In the meantime, though, fast-rising prices are dominating the political conversation ahead of November’s midterm elections and polls show Americans are unhappy with the economy. That helps explain the Fed’s shift as President Joe Biden points to the central bank as part of the solution to higher prices.
“There’s a politics to inflation. It has been talked about incessantly, and it is being weaponised,” said Julia Coronado, President of MacroPolicy Perspectives. “There’s a narrative, and the Fed isn’t immune to that narrative.” The change in the way Fed officials are talking about the inflation problem has involved re-framing it as one not just of supply but also – or even primarily – of demand: Yes, unusual interference in global supply chains is boosting prices. But massive government pandemic aid that left many households flush with cash – plus rising wages amid a tight labour market – is also keeping inflation too high.
That perspective implies a more direct role for the central bank, which by lifting borrowing costs can influence investment and hiring throughout the economy and thereby dampen spending.
Powell said on May 17 that “there could be some pain involved in restoring price stability,” suggesting the unemployment rate may rise “a few ticks” from the 3.6% level it registered in April as the Fed tightens.
But engineering only a slight increase in the unemployment rate is akin to walking a tightrope, according to Ellen Zentner, the chief US economist at Morgan Stanley.

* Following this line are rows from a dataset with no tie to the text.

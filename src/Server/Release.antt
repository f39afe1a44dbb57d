-- ===== src/Server/Release.antt =====
-- The deletion of a GameServer goes on where the API server does what it is asked.
use gobehost_operator.Prelude.{
  ℕ, ◌≡◌, refl, ◌<◌, ◌||◌, ◌⊎◌, inl, inr, true, false, ◌∷◌, some, contains-delete, arith, ltb, eqb,
  Bool-cases,
}
use mathlib.Core.Path.{subst}
use gobehost_operator.Kube.{key_of, StatefulSet}
use gobehost_operator.Api.{stopping, game_server_finalizer, GameServer}
use gobehost_operator.Cluster.{
  not_found, ok, err, Call, Log, Api, Outcome, done, no_requeue, requeue_after, Response,
}
use gobehost_operator.Reconciler.{set_phase}
use gobehost_operator.Server.Edits.{asks_replicas, has_finalizer, drop_server_finalizer}
use gobehost_operator.Server.Control.{
  remove_finalizer, await_scale_down, scale_down, finalize_server,
}

-- Updates succeed, and that of a StatefulSet leaves its status.
pub record Obeys (api : Api) : Type 0 where
  pub updates :
      (log : Log) (gs : GameServer) → (gs' : GameServer) × (api.update_server log gs ≡ ok gs')
  pub scales :
      (log : Log) (sts : StatefulSet)
      → (sts' : StatefulSet) × (api.update_stateful_set log sts ≡ ok sts')
        × (sts'.ready_replicas ≡ sts.ready_replicas)

-- The end of a pass that lets the GameServer go, and of one that comes back in five seconds for a
-- StatefulSet with ready replicas.
pub data Ends (gs : GameServer) (ready : ℕ) (r : Outcome × Log) : Type 0 where
  released :
      ready ≡ 0
      → r.0 ≡ done no_requeue
      → (earlier : Log) → r.1 ≡ Call.update_server (drop_server_finalizer gs) ∷ earlier
      → has_finalizer (drop_server_finalizer gs) ≡ false
      → Ends gs ready r
  waiting : 0 < ready → r.0 ≡ done (requeue_after 5) → Ends gs ready r

dropped : (gs : GameServer) → has_finalizer (drop_server_finalizer gs) ≡ false
unfolding has_finalizer
dropped gs = contains-delete gs.meta.finalizers game_server_finalizer

module _ (api : Api) (gs : GameServer) (ob : Obeys api) (held : has_finalizer gs ≡ true) where
  remove_finalizer-Ends : (log : Log) → Ends gs 0 (remove_finalizer api gs log)
  unfolding remove_finalizer
  remove_finalizer-Ends log =
      let (gs', u) = ob.updates log (drop_server_finalizer gs) in
      rw (held, u) (released refl refl log refl (dropped gs))

  await_scale_down-Ends :
      (sts : StatefulSet) (log : Log) → Ends gs sts.ready_replicas (await_scale_down api gs sts log)
  unfolding await_scale_down
  await_scale_down-Ends sts log = elim (Bool-cases (ltb 0 sts.ready_replicas)) [
    | inl h ↦ rw h (waiting (ground arith) refl)
    | inr h ↦
        let none_ready : sts.ready_replicas ≡ 0 = ground arith in
        rw (h, none_ready) (remove_finalizer-Ends log)
  ]

  scale_down-Ends :
      (sts : StatefulSet) (log : Log) → Ends gs sts.ready_replicas (scale_down api gs sts log)
  unfolding scale_down
  scale_down-Ends sts log =
      elim (Bool-cases (eqb sts.status_replicas 0 || asks_replicas sts.replicas)) [
        | inr h ↦ rw h (await_scale_down-Ends sts log)
        | inl h ↦
            let (sts', u, same) = ob.scales log (record sts { replicas = some 0 }) in
            rw (h, u)
              (subst
                (λ n. Ends gs n (
                  await_scale_down api gs sts'
                    (Call.update_stateful_set (record sts { replicas = some 0 }) ∷ log)))
                same (await_scale_down-Ends sts' _))
      ]

-- The ready replicas of the StatefulSet that was read, if there is one.
abbrev pub ready_now : Response StatefulSet → ℕ
ready_now (ok sts) = sts.ready_replicas
ready_now (err e) = 0

-- If updates succeed and that of a StatefulSet leaves its status, and the StatefulSet can be read or
-- is not found, a pass over a GameServer that is being deleted and holds the finalizer ends with the
-- update that removes it where no replica is ready, and otherwise comes back in five seconds.
pub finalize_server-Ends :
    (api : Api) (gs : GameServer) (log : Log)
    → Obeys api
    → has_finalizer gs ≡ true
    → (api.get_stateful_set log (key_of gs.meta) ≡ err not_found)
      ⊎ ((sts : StatefulSet) × (api.get_stateful_set log (key_of gs.meta) ≡ ok sts))
    → Ends
        (set_phase gs stopping)
        (ready_now (api.get_stateful_set log (key_of gs.meta)))
        (finalize_server api gs log)
unfolding finalize_server set_phase has_finalizer
finalize_server-Ends api gs log ob held (inl absent) = rw absent (
    remove_finalizer-Ends api (set_phase gs stopping) ob held
      (Call.get_stateful_set (key_of gs.meta) ∷ log))
finalize_server-Ends api gs log ob held (inr (sts, found)) = rw found (
    scale_down-Ends api (set_phase gs stopping) ob held sts
      (Call.get_stateful_set (key_of gs.meta) ∷ log))
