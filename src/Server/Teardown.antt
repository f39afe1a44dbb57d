-- ===== src/Server/Teardown.antt =====
-- What a pass over a GameServer may do, and what it reports.
use gobehost_operator.Prelude.{
  ◌≡◌, refl, ◌∙◌, ◌⊎◌, inl, inr, ◌||◌, ◌∷◌, some, arith, ltb, eqb, Bool-cases,
}
use gobehost_operator.Kube.{key_of, StatefulSet}
use gobehost_operator.Api.{stopping, GameServer}
use gobehost_operator.Cluster.{
  not_found, conflict, other_error, ok, err, Call, Log, Api, Response-cases,
}
use gobehost_operator.Cluster.{count_calls, is_update_server}
use gobehost_operator.Reconciler.{set_phase}
use gobehost_operator.Server.Edits.{asks_replicas}
use gobehost_operator.Server.Control.{await_scale_down, scale_down, finalize_server}

-- The StatefulSets that finalize may have read last: the one it got, and the one that its update
-- returned. Only an object without ready replicas lets it go on.
pub data ScaledDown (api : Api) (gs : GameServer) (log : Log) : Type 0 where
  absent : api.get_stateful_set log (key_of gs.meta) ≡ err not_found → ScaledDown api gs log
  idle :
      (sts : StatefulSet)
      → api.get_stateful_set log (key_of gs.meta) ≡ ok sts
      → sts.ready_replicas ≡ 0
      → ScaledDown api gs log
  scaled :
      (sts stored : StatefulSet)
      → api.get_stateful_set log (key_of gs.meta) ≡ ok sts
      → api.update_stateful_set
          (Call.get_stateful_set (key_of gs.meta) ∷ log)
          (record sts { replicas = some 0 })
        ≡ ok stored
      → stored.ready_replicas ≡ 0
      → ScaledDown api gs log

await_waits :
    (api : Api) (gs : GameServer) (sts : StatefulSet) (log : Log)
    → (count_calls is_update_server (await_scale_down api gs sts log).1
        ≡ count_calls is_update_server log)
      ⊎ (sts.ready_replicas ≡ 0)
unfolding await_scale_down
await_waits api gs sts log = elim (Bool-cases (ltb 0 sts.ready_replicas)) [
  | inl h ↦ inl (rw h (ground arith))
  | inr h ↦ inr (ground arith)
]

scale_waits :
    (api : Api) (gs : GameServer) (sts : StatefulSet) (log : Log)
    → (count_calls is_update_server (scale_down api gs sts log).1
        ≡ count_calls is_update_server log)
      ⊎ ((sts.ready_replicas ≡ 0)
          ⊎ ((stored : StatefulSet) × (api.update_stateful_set log
                  (record sts { replicas = some 0 })
                ≡ ok stored)
              × (stored.ready_replicas ≡ 0)))
unfolding scale_down
scale_waits api gs sts log =
    elim (Bool-cases (eqb sts.status_replicas 0 || asks_replicas sts.replicas)) [
      | inr h ↦ rw h (elim (await_waits api gs sts log) [ inl w ↦ inl w | inr w ↦ inr (inl w) ])
      | inl h ↦
          rw h
            (elim (Response-cases
              (api.update_stateful_set log (record sts { replicas = some 0 }))) [
                | inr (e, u) ↦ inl (rw u (ground arith))
                | inl (stored, u) ↦
                    rw u
                      (elim (await_waits api gs stored
                        (Call.update_stateful_set (record sts { replicas = some 0 }) ∷ log)) [
                          | inl w ↦ inl (w ∙ ground arith)
                          | inr w ↦ inr (inr (stored, refl, w))
                        ])
              ])
    ]

-- A pass over a GameServer that is being deleted removes its finalizer only if its StatefulSet is
-- gone, or was seen in this pass without a ready replica.
pub finalize_server_waits :
    (api : Api) (gs : GameServer) (log : Log)
    → (count_calls is_update_server (finalize_server api gs log).1
        ≡ count_calls is_update_server log)
      ⊎ ScaledDown api gs log
unfolding finalize_server set_phase
finalize_server_waits api gs log =
    elim (Response-cases (api.get_stateful_set log (key_of gs.meta))) [
      | inr (not_found, h) ↦ inr (absent h)
      | inr (conflict, h) ↦ inl (rw h (ground arith))
      | inr (other_error, h) ↦ inl (rw h (ground arith))
      | inl (sts, h) ↦
          rw h
            (elim (scale_waits api (set_phase gs stopping) sts
              (Call.get_stateful_set (key_of gs.meta) ∷ log)) [
                | inl w ↦ inl (w ∙ ground arith)
                | inr (inl w) ↦ inr (idle sts h w)
                | inr (inr (stored, u, w)) ↦ inr (scaled sts stored h u w)
              ])
    ]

“They have to create slack in the economy in order to bring inflation down, but you can’t create slack in the economy without pushing down aggregate demand, and you can’t really push down aggregate demand without raising the unemployment rate,” Zentner said. “It’s not so easy to fine-tune something as large in size as the labour market.”
The S&P 500 index of US stocks has fallen around 18% from the record high set in early January as the Fed has shifted, while 10-year Treasury yields have advanced to 2.75% from around 1.5% late last year.
These outcomes, which mirror the Fed’s increasing willingness to risk a recession to control inflation, have become explicit goals for US central bankers, who see financial markets as the channel through which they influence the economy.
Even Neel Kashkari, the Minneapolis Fed president who since joining the central bank in 2016 has often been one its most dovish policy makers, suggested on May 17 that inducing a downturn may ultimately be necessary if supply-chain problems don’t improve, adding that it’s “easy to be a hawk” with inflation as high as it is now.
Spriggs pointed to the approach being taken in Europe, where governments are authorising income transfers to low-income households to help them weather higher food and energy prices, as a better alternative. He suggested that’s off the table in the US in part because the inflation problem has been re-framed as owing to excessive spending.
“The Fed needs a more responsible way of explaining to people the basic economics,” Spriggs said. “The solution can’t be that we don’t buy anything just because we have a supply shock.”